BRIEF: Nothing outside the range is wanted. Repeat exactly the lines below from the one with "Reads-bind pubkey-Reads λ _. Reads-bind u64-Reads" through the one with "Reads-bind state-Reads λ".

┌──

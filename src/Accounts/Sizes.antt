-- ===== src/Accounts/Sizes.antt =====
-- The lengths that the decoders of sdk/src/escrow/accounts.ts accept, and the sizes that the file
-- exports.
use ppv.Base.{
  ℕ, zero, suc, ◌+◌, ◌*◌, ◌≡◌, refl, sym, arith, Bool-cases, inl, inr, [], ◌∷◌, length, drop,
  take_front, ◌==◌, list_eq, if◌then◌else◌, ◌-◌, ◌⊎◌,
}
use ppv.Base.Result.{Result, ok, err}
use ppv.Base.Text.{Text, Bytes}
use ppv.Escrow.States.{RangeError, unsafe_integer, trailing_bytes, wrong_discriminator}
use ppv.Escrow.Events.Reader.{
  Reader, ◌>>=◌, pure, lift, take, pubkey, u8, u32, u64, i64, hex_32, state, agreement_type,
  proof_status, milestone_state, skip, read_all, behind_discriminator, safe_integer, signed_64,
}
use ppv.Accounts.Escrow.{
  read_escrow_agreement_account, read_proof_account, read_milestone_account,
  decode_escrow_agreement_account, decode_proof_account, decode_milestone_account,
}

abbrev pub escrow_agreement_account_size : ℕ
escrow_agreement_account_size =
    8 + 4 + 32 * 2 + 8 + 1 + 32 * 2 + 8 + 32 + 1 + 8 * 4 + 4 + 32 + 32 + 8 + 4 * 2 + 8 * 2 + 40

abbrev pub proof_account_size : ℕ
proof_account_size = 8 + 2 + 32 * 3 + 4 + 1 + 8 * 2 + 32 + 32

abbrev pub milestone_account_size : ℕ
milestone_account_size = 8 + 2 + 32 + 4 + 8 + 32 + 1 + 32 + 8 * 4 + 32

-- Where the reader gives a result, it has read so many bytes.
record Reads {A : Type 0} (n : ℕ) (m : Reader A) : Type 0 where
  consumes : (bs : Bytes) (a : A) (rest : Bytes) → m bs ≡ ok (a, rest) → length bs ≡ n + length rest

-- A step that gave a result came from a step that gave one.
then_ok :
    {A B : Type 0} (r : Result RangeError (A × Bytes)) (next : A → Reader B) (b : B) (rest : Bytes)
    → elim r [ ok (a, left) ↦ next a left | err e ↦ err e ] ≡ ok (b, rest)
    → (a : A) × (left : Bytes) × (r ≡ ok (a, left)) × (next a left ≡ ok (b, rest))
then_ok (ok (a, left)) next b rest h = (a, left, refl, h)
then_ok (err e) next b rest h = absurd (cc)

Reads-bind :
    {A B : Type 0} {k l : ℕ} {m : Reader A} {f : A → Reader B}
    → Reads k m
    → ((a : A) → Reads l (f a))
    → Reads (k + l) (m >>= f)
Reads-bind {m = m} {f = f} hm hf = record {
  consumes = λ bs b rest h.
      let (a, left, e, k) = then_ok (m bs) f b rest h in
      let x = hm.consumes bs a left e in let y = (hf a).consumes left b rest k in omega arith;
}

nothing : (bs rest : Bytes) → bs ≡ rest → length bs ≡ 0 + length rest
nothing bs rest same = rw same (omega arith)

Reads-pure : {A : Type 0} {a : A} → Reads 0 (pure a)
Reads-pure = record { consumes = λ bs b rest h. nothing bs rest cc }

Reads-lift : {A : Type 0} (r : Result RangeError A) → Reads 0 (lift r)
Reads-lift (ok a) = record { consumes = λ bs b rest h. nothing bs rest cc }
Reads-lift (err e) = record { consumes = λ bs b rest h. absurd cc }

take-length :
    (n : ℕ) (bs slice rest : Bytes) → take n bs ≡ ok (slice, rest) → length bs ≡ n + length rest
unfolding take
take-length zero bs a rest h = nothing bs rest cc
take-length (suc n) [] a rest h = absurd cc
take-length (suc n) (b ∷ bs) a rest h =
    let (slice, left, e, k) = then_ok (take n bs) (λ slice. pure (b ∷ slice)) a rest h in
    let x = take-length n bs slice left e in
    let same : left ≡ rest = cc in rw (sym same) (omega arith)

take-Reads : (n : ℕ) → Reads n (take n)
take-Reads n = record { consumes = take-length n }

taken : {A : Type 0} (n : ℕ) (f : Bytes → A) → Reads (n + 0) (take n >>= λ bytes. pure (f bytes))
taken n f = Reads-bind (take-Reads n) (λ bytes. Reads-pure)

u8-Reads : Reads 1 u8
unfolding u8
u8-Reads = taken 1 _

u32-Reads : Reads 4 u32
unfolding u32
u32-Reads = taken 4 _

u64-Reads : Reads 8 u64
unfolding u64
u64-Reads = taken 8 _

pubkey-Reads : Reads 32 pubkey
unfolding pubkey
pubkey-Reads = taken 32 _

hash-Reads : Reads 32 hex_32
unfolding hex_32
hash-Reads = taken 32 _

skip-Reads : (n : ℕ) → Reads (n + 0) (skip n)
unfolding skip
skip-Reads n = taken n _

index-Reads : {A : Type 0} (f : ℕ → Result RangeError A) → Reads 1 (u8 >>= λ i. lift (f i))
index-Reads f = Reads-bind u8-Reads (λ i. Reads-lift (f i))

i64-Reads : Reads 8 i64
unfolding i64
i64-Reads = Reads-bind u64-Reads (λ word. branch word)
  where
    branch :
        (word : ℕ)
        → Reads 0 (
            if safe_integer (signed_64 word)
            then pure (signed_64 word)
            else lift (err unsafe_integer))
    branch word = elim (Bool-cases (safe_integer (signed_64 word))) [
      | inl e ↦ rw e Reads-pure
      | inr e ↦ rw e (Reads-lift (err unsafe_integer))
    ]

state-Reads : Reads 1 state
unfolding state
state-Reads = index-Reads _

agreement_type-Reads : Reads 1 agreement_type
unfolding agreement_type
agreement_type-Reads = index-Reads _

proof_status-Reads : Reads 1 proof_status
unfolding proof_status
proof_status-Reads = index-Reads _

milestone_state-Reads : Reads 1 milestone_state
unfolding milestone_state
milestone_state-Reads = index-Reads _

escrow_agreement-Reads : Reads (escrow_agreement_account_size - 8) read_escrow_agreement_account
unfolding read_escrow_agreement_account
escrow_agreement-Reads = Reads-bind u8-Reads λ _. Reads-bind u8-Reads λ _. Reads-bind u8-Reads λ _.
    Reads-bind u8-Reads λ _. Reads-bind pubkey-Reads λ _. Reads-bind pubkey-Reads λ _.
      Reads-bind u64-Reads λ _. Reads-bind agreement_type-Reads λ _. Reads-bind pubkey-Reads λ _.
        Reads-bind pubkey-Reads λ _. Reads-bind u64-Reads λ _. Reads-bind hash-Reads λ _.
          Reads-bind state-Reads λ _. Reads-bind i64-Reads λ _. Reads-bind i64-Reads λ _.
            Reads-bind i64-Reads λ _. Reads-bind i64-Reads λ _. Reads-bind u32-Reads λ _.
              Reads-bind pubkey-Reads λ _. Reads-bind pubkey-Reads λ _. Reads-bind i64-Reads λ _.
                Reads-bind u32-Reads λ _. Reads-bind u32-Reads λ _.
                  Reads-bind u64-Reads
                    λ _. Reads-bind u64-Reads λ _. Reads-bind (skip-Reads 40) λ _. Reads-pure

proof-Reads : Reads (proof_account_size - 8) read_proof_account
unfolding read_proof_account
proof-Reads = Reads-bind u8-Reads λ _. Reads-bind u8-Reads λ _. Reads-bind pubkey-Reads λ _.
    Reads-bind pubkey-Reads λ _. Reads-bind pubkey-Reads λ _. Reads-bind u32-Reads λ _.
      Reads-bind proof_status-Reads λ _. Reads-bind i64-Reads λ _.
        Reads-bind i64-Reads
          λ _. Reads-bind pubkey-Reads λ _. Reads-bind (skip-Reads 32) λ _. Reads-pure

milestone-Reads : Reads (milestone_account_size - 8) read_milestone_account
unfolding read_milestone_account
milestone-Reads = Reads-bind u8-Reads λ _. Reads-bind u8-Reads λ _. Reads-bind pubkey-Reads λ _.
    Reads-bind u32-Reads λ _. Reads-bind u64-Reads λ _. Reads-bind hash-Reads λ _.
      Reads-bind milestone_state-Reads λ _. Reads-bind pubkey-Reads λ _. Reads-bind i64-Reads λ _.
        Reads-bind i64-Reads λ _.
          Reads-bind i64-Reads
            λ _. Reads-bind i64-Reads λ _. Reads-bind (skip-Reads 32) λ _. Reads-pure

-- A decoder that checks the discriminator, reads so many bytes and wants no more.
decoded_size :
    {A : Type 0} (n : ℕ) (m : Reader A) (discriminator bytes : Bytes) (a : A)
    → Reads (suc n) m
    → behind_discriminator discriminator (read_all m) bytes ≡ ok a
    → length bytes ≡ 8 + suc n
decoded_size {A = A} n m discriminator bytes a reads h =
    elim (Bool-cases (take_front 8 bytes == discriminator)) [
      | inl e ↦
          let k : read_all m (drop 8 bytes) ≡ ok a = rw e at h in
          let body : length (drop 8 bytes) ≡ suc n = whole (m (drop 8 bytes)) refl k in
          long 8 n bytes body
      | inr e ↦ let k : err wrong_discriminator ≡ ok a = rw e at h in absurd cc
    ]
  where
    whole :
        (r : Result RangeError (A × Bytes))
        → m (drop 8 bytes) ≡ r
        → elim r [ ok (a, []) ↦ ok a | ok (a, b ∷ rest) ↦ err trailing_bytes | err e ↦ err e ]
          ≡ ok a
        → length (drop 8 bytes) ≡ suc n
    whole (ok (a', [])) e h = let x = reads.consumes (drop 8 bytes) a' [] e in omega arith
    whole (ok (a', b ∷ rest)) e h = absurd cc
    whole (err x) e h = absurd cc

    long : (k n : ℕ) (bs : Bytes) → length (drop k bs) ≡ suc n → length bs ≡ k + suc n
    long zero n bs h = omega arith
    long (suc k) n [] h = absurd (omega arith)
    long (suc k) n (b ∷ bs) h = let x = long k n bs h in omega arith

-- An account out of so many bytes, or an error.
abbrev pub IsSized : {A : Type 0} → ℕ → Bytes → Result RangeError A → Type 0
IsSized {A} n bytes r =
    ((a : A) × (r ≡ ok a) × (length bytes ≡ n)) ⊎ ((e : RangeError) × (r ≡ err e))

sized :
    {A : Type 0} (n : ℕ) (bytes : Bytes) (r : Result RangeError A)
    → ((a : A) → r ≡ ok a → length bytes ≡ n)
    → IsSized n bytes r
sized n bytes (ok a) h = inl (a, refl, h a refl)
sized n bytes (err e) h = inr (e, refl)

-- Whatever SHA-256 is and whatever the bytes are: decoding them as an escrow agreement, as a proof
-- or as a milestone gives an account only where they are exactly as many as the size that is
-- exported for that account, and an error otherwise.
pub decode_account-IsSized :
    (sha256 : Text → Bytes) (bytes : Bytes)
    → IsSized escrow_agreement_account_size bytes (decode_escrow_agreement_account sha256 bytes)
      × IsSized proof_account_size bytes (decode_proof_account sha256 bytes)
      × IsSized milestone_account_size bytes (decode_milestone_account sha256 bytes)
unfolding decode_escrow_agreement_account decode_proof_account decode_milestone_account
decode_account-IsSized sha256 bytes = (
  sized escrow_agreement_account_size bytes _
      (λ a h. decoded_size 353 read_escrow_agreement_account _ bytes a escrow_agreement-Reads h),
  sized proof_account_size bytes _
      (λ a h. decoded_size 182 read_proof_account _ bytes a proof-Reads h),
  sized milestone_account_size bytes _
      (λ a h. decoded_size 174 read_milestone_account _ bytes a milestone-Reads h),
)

└──

EXERCISE SOLUTION:
        Reads-bind pubkey-Reads λ _. Reads-bind u64-Reads λ _. Reads-bind hash-Reads λ _.
          Reads-bind state-Reads λ _. Reads-bind i64-Reads λ _. Reads-bind i64-Reads λ _.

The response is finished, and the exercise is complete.